Begin at the line that contains "(some presp) m" and repeat every line from there to the end of the records below, inclusive, without adding any other line.
______
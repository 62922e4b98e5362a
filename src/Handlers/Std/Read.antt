-- ===== src/Handlers/Std/Read.antt =====
-- ReadMemoryByAddress through the dispatcher, over regular files.
use vdiag_server.Base.{
  ℕ, ◌+◌, ◌≤◌, ◌<◌, ◌≡◌, sym, ap, ◌∙◌, true, some, List, ◌∷◌, length, take, drop, replicate,
  overwrite, length-drop, length-take, length-replicate, length-overwrite, take-overwrite, arith,
}
use vdiag_server.Base.Exec.{done}
use vdiag_server.Base.Ptr.{Ptr}
use vdiag_server.Can.{CanMessage, byte, put, IsMessage}
use vdiag_server.Os.{Os}
use vdiag_server.Os.Files.{View, IsRegular}
use vdiag_server.Memory.Read.{Unchanged, read_memory_ok}
use vdiag_server.Uds.Codes.{code, UdsError}
use vdiag_server.Uds.Interface.{Locals}
use vdiag_server.Uds.Dispatch.{handle_msg}
use vdiag_server.Uds.Dispatch.Cases.{read_by_address}
use vdiag_server.Handlers.Region.{IsRegion, region_addr, region_size, rdba_setup_iff}
use vdiag_server.Handlers.Rdba.{rdba, rdba_pack}
use vdiag_server.Handlers.Std.{Machine, std_handlers}
use vdiag_server.Handlers.Std.Write.{with_files, memory_file}

module _ (os : Os) (v : View os) (reg : IsRegular os v) (stale : Ptr → Ptr) (l : Locals) where
  -- An accepted request to read 1 to 4095 bytes, over a regular memory file that holds the region,
  -- with 32-bit addresses configured and a descriptor to spare, is answered by 63 and those bytes.
  -- It changes no file, but the process may open one file fewer than before.
  pub read_by_address_lem :
      (m : Machine os.State) (req presp : CanMessage) (bs : List ℕ)
      → IsMessage req
      → byte req 0 ≡ 0x23
      → IsRegion m.uds req
      → m.uds.ecucfg.memory.end_addr < 4294967296
      → 0 < region_size req
      → region_size req < 4096
      → v.content m.globals.fs (memory_file m) ≡ some bs
      → 0 < v.spare m.globals.fs
      → region_addr req + region_size req ≤ length bs
      → (t : os.State) × (handle_msg (std_handlers os stale) l true req (some presp) m
          ≡ done (
            (
              UdsError.no_error,
              some (
                  put presp
                    (0x63 ∷ take (region_size req) (drop (region_addr req) bs))
                    (1 + region_size req)),
            ),
            with_files m t,
          ))
        × Unchanged os v 1 m.globals.fs t
  unfolding rdba rdba_pack code
  read_by_address_lem m req presp bs msg sid w end pos few con spare room =
      let zeros = replicate {A = ℕ} 4096 0 in
      let found = take (region_size req) (drop (region_addr req) bs) in
      let (got, same) = reg.calloc_ok 4096 m.globals.fs (omega arith) in
      let fs = (os.calloc 4096 m.globals.fs).1 in
      let below = w.below in
      let (t, ran, left) =
        read_memory_ok os v reg (region_addr req) (region_size req) zeros bs (memory_file m) fs
          (same.content (memory_file m) ∙ con) (omega (arith, same.spare)) pos
          (omega (arith, length-replicate {A = ℕ} 4096 0)) room (omega arith) (omega arith) in
      let len : length found ≡ region_size req = omega (
        arith,
        length-take (region_size req) (drop (region_addr req) bs),
        length-drop (region_addr req) bs,
      ) in
      let whole : take (region_size req) (overwrite found zeros) ≡ found =
        ap (λ (k : ℕ). take k (overwrite found zeros)) (sym len)
        ∙ take-overwrite found zeros (omega (arith, length-replicate {A = ℕ} 4096 0)) in
      let accepted = (rdba_setup_iff m.uds req msg l.rdba_param (omega arith)).1 w in
      let some_byte : 0 < req.usz = omega (arith, w.complete) in
      let room_left : length (overwrite found zeros) ≡ 4096 =
        length-overwrite found zeros ∙ length-replicate 4096 0 in
      (
        t,
        rw (read_by_address (std_handlers os stale) l req presp some_byte m sid)
            (ground (arith, accepted, got, ran, whole, room_left)),
        record {
          content = λ other. left.content other ∙ same.content other;
          spare = omega (arith, left.spare, same.spare);
        },
      )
______
Exercise output:
      → (t : os.State) × (handle_msg (std_handlers os stale) l true req (some presp) m
          ≡ done (
            (
              UdsError.no_error,
              some (
                  put presp
                    (0x63 ∷ take (region_size req) (drop (region_addr req) bs))
                    (1 + region_size req)),
            ),
            with_files m t,
          ))
        × Unchanged os v 1 m.globals.fs t
  unfolding rdba rdba_pack code
  read_by_address_lem m req presp bs msg sid w end pos few con spare room =
      let zeros = replicate {A = ℕ} 4096 0 in
      let found = take (region_size req) (drop (region_addr req) bs) in
      let (got, same) = reg.calloc_ok 4096 m.globals.fs (omega arith) in
      let fs = (os.calloc 4096 m.globals.fs).1 in
      let below = w.below in
      let (t, ran, left) =
        read_memory_ok os v reg (region_addr req) (region_size req) zeros bs (memory_file m) fs
          (same.content (memory_file m) ∙ con) (omega (arith, same.spare)) pos
          (omega (arith, length-replicate {A = ℕ} 4096 0)) room (omega arith) (omega arith) in
      let len : length found ≡ region_size req = omega (
        arith,
        length-take (region_size req) (drop (region_addr req) bs),
        length-drop (region_addr req) bs,
      ) in
      let whole : take (region_size req) (overwrite found zeros) ≡ found =
        ap (λ (k : ℕ). take k (overwrite found zeros)) (sym len)
        ∙ take-overwrite found zeros (omega (arith, length-replicate {A = ℕ} 4096 0)) in
      let accepted = (rdba_setup_iff m.uds req msg l.rdba_param (omega arith)).1 w in
      let some_byte : 0 < req.usz = omega (arith, w.complete) in
      let room_left : length (overwrite found zeros) ≡ 4096 =
        length-overwrite found zeros ∙ length-replicate 4096 0 in
      (
        t,
        rw (read_by_address (std_handlers os stale) l req presp some_byte m sid)
            (ground (arith, accepted, got, ran, whole, room_left)),
        record {
          content = λ other. left.content other ∙ same.content other;
          spare = omega (arith, left.spare, same.spare);
        },
      )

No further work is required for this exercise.